According to Profit Confidential, the big news is that Fitch Ratings service issued a warning for U.S. banks. Fitch may lower its credit ratings of the large U.S. banks if the eurozone debt crisis is not resolved. U.S. bank stocks got hit hard on the news. Bank of America Corporation stock now trades at $5.90. Michael Lombardi, lead contributor to Profit Confidential, wrote months ago that he wouldn’t touch this stock.
Lombardi outlines the details, “In the event the ECB [European Central Bank] does not bail out the troubled eurozone countries, the majority of eurozone countries will need to approve this action; the U.S. government will come to the aid of big American banks whose financial stability is jeopardized by eurozone country bond defaults.”
Profit Confidential states that the problem stems from countries in the eurozone such as Ireland, Portugal, Greece, Spain and Italy. All these countries have a very high national debt to GDP ratio. Italy is of the biggest concern, as it is the third largest economy in the eurozone after Germany and France.
According to Fitch, the direct eurozone debt exposure to the big American banks, being JPMorgan Chase & Co., Bank of America, The Goldman Sachs Group, Inc., Wells Fargo & Company and Morgan Stanley, is $50.0 billion.
So far, the eurozone crisis has claimed the governments of Greece and Italy. The shares of the big French banks are dropping like a rock because of their exposure to Italian-government issued bonds. It’s a “pyramid effect” mess in the eurozone.
Lombardi describes his prediction on how this will play out, “The European Central Bank (ECB) will come to the rescue and buy the bonds of the troubled eurozone countries, just as the U.S. Federal Reserve purchased the debt of the U.S. government. To accomplish this, the ECB will need to print more euros.”
Can anyone say “inflation?”
Profit Confidential, which has been published for over a decade now, has been widely recognized as predicting five major economic events over the past 10 years. In 2002, Profit Confidential started advising its readers to buy gold-related investments when gold traded under $300 an ounce. In 2006, it “begged” its readers to get out of the housing market...before it plunged.
Profit Confidential was among the first (back in late 2006) to predict that the U.S. economy would be in a recession by late 2007. The daily e-letter correctly predicted the crash in the stock market of 2008 and early 2009. And Profit Confidential turned bullish on stocks in March of 2009 and rode the bear market rally from a Dow Jones Industrial Average of 6,440 on March 9, 2009, to 12,876 on May 2, 2011, a gain of 99%.
To see the full article and to learn more about Profit Confidential, visit http://www.profitconfidential.com.

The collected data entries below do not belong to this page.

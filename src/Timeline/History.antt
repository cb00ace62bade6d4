-- ===== src/Timeline/History.antt =====
-- Sequences of batches and cleanups, in which no observation loses its entry.
use tracegarden.Prelude.{ℕ, ◌≡◌, refl, Bool, true, Option, List, [], ◌∷◌, Str}
use tracegarden.Prelude.Dates.{Dates}
use tracegarden.Prelude.Dict.{get}
use tracegarden.Prelude.Result.{is_ok}
use tracegarden.Cluster.{ClusterScope, Observation}
use tracegarden.Timeline.Records.{Store, CheckpointInput, new_store}
use tracegarden.Timeline.Ingest.{record_observations_internal}
use tracegarden.Timeline.Retention.{cleanup_retention}
use tracegarden.Timeline.Linked.{IsLinked}
use tracegarden.Timeline.Batches.{AreRecordable, record_observations_internal-Knows}
use tracegarden.Timeline.Deletions.{cleanup_retention-IsLinked}

pub data Call : Type 0 where
  batch : Str → List (Str × Observation) → Option CheckpointInput → Call
  cleanup : ℕ → Str → Option ℕ → Call

pub new_store-IsLinked : (scope : Option (Option ClusterScope)) → IsLinked (new_store scope)
unfolding new_store get
new_store-IsLinked scope = record {
  keyed = tt;
  keys = tt;
  sound = λ i e g. absurd cc;
  shown = λ k o g. absurd cc;
}

module _ (d : Dates) where
  unfoldable pub step : Call → Store → Store
  step (batch now observations checkpoint) s =
      (record_observations_internal now observations checkpoint s).1
  step (cleanup now workspace at) s = (cleanup_retention d now workspace at s).1

  -- The error of a call, if it has one.
  abbrev pub succeeds : Call → Store → Bool
  succeeds (batch now observations checkpoint) s =
      is_ok (record_observations_internal now observations checkpoint s).0
  succeeds (cleanup now workspace at) s = true

  abbrev pub AreAllowed : List Call → Store → Type 0
  AreAllowed [] s = Unit
  AreAllowed (batch now observations checkpoint ∷ calls) s =
      AreRecordable observations s × AreAllowed calls (step (batch now observations checkpoint) s)
  AreAllowed (cleanup now workspace at ∷ calls) s =
      AreAllowed calls (step (cleanup now workspace at) s)

  -- No batch fails.
  abbrev pub AllSucceed : List Call → Store → Type 0
  AllSucceed [] s = Unit
  AllSucceed (c ∷ calls) s = (succeeds c s ≡ true) × AllSucceed calls (step c s)

  run_from-AllSucceed :
      (calls : List Call) (s : Store) → AreAllowed calls s → IsLinked s → AllSucceed calls s
  unfolding step
  run_from-AllSucceed [] s a l = tt
  run_from-AllSucceed (batch now observations checkpoint ∷ calls) s (r, a) l =
      let ((results, e, n), l', k) =
        record_observations_internal-Knows now observations checkpoint s r l in
      (rw e refl, run_from-AllSucceed calls _ a l')
  run_from-AllSucceed (cleanup now workspace at ∷ calls) s a l =
      (refl, run_from-AllSucceed calls _ a (cleanup_retention-IsLinked d now workspace at s l))

  -- In a store that starts empty, every batch of any sequence of batches and cleanups succeeds, so the
  -- error for a missing entry never occurs, if each new entry gets an id that no entry has and no
  -- observation has a NUL in the names of its workspace and cluster.
  pub history-AllSucceed :
      (scope : Option (Option ClusterScope)) (calls : List Call)
      → AreAllowed calls (new_store scope)
      → AllSucceed calls (new_store scope)
  history-AllSucceed scope calls a =
      run_from-AllSucceed calls (new_store scope) a (new_store-IsLinked scope)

Profit Confidential is Lombardi Publishing Corporation’s free daily investment e-letter. Written by financial gurus with over 100 years of combined investing experience, Profit Confidential analyzes and comments on the actions of the stock market, precious metals, interest rates, real estate, and the economy. Lombardi Publishing Corporation, founded in 1986, now with over one million customers in 141 countries, is one of the largest consumer information publishers in the world. For more on Lombardi, and to get the popular Profit Confidential e-letter sent to you daily, visit http://www.profitconfidential.com.
Michael Lombardi, MBA, the lead Profit Confidential editorial contributor, has just released his most recent update of Critical Warning Number Six, a breakthrough video with Lombardi’s current predictions for the U.S. economy, stock market, U.S. dollar, euro, interest rates and inflation. To see the video, visit http://www.profitconfidential.com/critical-warning-number-six.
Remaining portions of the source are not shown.